Masas porque cuando se une a otros seres humanos, tiene la fea costumbre de perder su identidad.
Fea costumbre porque, cuando esto sucede, lo mismo da quien esté al frente; se le obedece sin más. Poco importa tirano o revolucionario; todo vale cuando el resto calla.
Así ocurre que un día, mientras todos callan, alguien se levanta; apenas un palmo del suelo (una caja de zapatos basta para elevar a alguien) y se proclama revolucionario.
-Lucho contra ellos-dirá, y dará mil buenas razones adornadas con mil certeras palabras, para alzarse. Y algunos le seguirán, y otros no.
Así la historia se repite, con gente que defiende ideas ajenas con palabras que no son suyas.
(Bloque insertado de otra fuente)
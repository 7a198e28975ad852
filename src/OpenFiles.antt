-- ===== src/OpenFiles.antt =====
-- ex9/exer9_ver3.c: three attributes in sysfs. Writing a process's pid looks for the open file whose
-- name was written before, and `output` then shows what is known of it.
-- `fs_details`, `filename_show`, `filename_store`, `pid_show`, `pid_store`, `foutput_show`,
-- `foutput_store`, `init` and `cleanup` model the functions of that name.
mod Search
mod Load
mod Examples
use lkms.Prelude.{
  ℕ, zero, suc, ◌+◌, ◌==◌, ltb, if◌then◌else◌, ◌&&◌, Bool, true, false, Option, none, some, List,
  [], ◌∷◌, ◌++◌, ℤ, pos, neg, ◌==ℤ◌, length,
}
use lkms.Kernel.Run.{Run, ok, fault, ◌>>=◌}
use lkms.Kernel.Files.{Vfs}

-- The module's variables, the arrays as the text before their first NUL; how many buffers kmalloc
-- gave that are not given back; and how many hold each object in sysfs (none: NULL).
pub record State : Type 0 where
  pub filename : List ℕ
  pub pid : ℤ
  pub output : List ℕ
  pub buffers : ℕ
  pub finput : Option ℕ
  pub foutput : Option ℕ

-- strcmp(a, b) == 0
pub same_text : List ℕ → List ℕ → Bool
same_text [] [] = true
same_text [] (b ∷ bs) = false
same_text (a ∷ as') [] = false
same_text (a ∷ as') (b ∷ bs) = (a == b) && same_text as' bs

-- sprintf into an array of `size` bytes, the NUL at the end included.
pub fitting : (size : ℕ) → List ℕ → Run (List ℕ)
fitting size text = if ltb (length text) size then ok text else fault

pub filename_show : State → List ℕ
filename_show s = s.filename ++ b'\n' ∷ []

-- `word` is the first word of what is written, which sscanf takes; none leaves the array alone.
pub filename_store : (word : Option (List ℕ)) → (count : ℕ) → State → Run (ℕ × State)
filename_store none count s = ok (count, s)
filename_store (some word) count s =
    fitting 50 word >>= λ text. ok (count, record s { filename = text })

-- The number that is printed.
pub pid_show : State → ℤ
pid_show s = s.pid

pub foutput_show : State → List ℕ
foutput_show s = s.output ++ b'\n' ∷ []

pub foutput_store : (count : ℕ) → State → ℕ × State
foutput_store count s = (count, s)

-- kobject_put gives one hold on an object up; one that nobody holds is gone.
pub kobject_put : Option ℕ → Run (Option ℕ)
kobject_put none = ok none
kobject_put (some zero) = fault
kobject_put (some (suc n)) = ok (some n)

-- `retval = sysfs_create_group(…); if (retval) kobject_put(…);` on a new object
pub with_group : (retval : ℤ) → Run (Option ℕ)
with_group retval = if retval ==ℤ pos 0 then ok (some 1) else kobject_put (some 1)

-- Whether kobject_create_and_add succeeds, and what sysfs_create_group returns, twice.
pub init : (made : Bool) → (group : ℤ) → (made2 : Bool) → (group2 : ℤ) → State → Run (ℤ × State)
init false group made2 group2 s = ok (neg 12, record s { finput = none })
init true group false group2 s =
    with_group group >>= λ k. ok (neg 12, record s { finput = k; foutput = none })
init true group true group2 s = with_group group >>= λ k.
    with_group group2 >>= λ k2. ok (pos 0, record s { finput = k; foutput = k2 })

pub cleanup : State → Run State
cleanup s = kobject_put s.finput >>= λ k.
    kobject_put s.foutput >>= λ k2. ok (record s { finput = k; foutput = k2 })

module _ (v : Vfs) where
  open v use {FilePath, d_path, kbasename}

  -- `struct inode`, `struct file` and `struct task_struct`: the fields that are read. The table of
  -- the open files is an array of pointers.
  pub record Inode : Type 0 where
    pub i_atime : ℤ
    pub i_mtime : ℤ
    pub i_blocks : ℕ
    pub i_size : ℤ
    pub i_bytes : ℕ
    pub i_ino : ℕ

  pub record File : Type 0 where
    pub f_path : FilePath
    pub d_inode : Inode
    pub f_count : ℤ
    pub f_pos : ℤ
    pub f_open : ℕ
    pub f_release : ℕ

  pub record Task : Type 0 where
    pub files : Option (List (Option File))

  -- `text` is what sprintf makes of the descriptor, the path and the file's fields.
  module _ (text : ℕ → List ℕ → File → List ℕ) where
    -- The loop: what it leaves in `output`. No entry of NULL means a read past the table.
    unfoldable pub find_file : ℕ → List (Option File) → (filename : List ℕ) → Run (List ℕ)
    find_file i [] filename = fault
    find_file i (none ∷ fd) filename = ok []
    find_file i (some f ∷ fd) filename = elim (d_path f.f_path 100) [
      | none ↦ fault
      | some cwd ↦
          let rest = find_file (suc i) fd filename in
          if same_text (kbasename cwd) filename then fitting 500 (text i cwd f) else rest
    ]

    -- `got` is what kmalloc returns. The arguments of that call are swapped, so that the size is the
    -- number `gfp_kernel`. `ts` is what pid_task finds.
    unfoldable pub fs_details :
        (gfp_kernel got : ℕ) → (ts : Option Task) → (filename : List ℕ) → State → Run (ℤ × State)
    fs_details gfp_kernel got none filename s = fault
    fs_details gfp_kernel got (some ts) filename s =
        let cleared = record s { output = []; buffers = s.buffers + 1 } in
        let searched : Run (ℤ × State) = elim ts.files [
          | none ↦ fault
          | some fd ↦
              find_file 0 fd filename >>= λ found. ok (pos 0, record cleared { output = found })
        ] in
        if got == 0 then fault else if ltb gfp_kernel 100 then fault else searched

    -- `number` is what sscanf reads; none leaves `pid` alone. `task` tells which task has a pid.
    unfoldable pub pid_store :
        (number : Option ℤ)
        → (gfp_kernel got : ℕ) → (task : ℤ → Option Task) → (count : ℕ) → State
        → Run (ℕ × State)
    pid_store none gfp_kernel got task count s =
        let searched =
          fs_details gfp_kernel got (task s.pid) s.filename s >>= λ (r, t). ok (count, t) in
        if s.pid ==ℤ neg 1 then ok (count, s) else searched
    pid_store (some number) gfp_kernel got task count s =
        let s1 = record s { pid = number } in
        let searched =
          fs_details gfp_kernel got (task number) s.filename s1 >>= λ (r, t). ok (count, t) in
        if number ==ℤ neg 1 then ok (count, s1) else searched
Y llegará el momento en el que el revolucionario, aun sin saberlo, habrá dejado de serlo, y predicará rebeliones vacías en un mundo que ya no es el suyo.
Y pedirá orden, que se cumplan las normas, y que no se rompan las reglas; aquellas del tirano, que aun sigue en pie.
Defenderá al tirano afirmando ser revolucionario, y la gente lo seguirá, porque sus ideas no son suyas, sus palabras no les pertenecen, y sólo saben obedecer.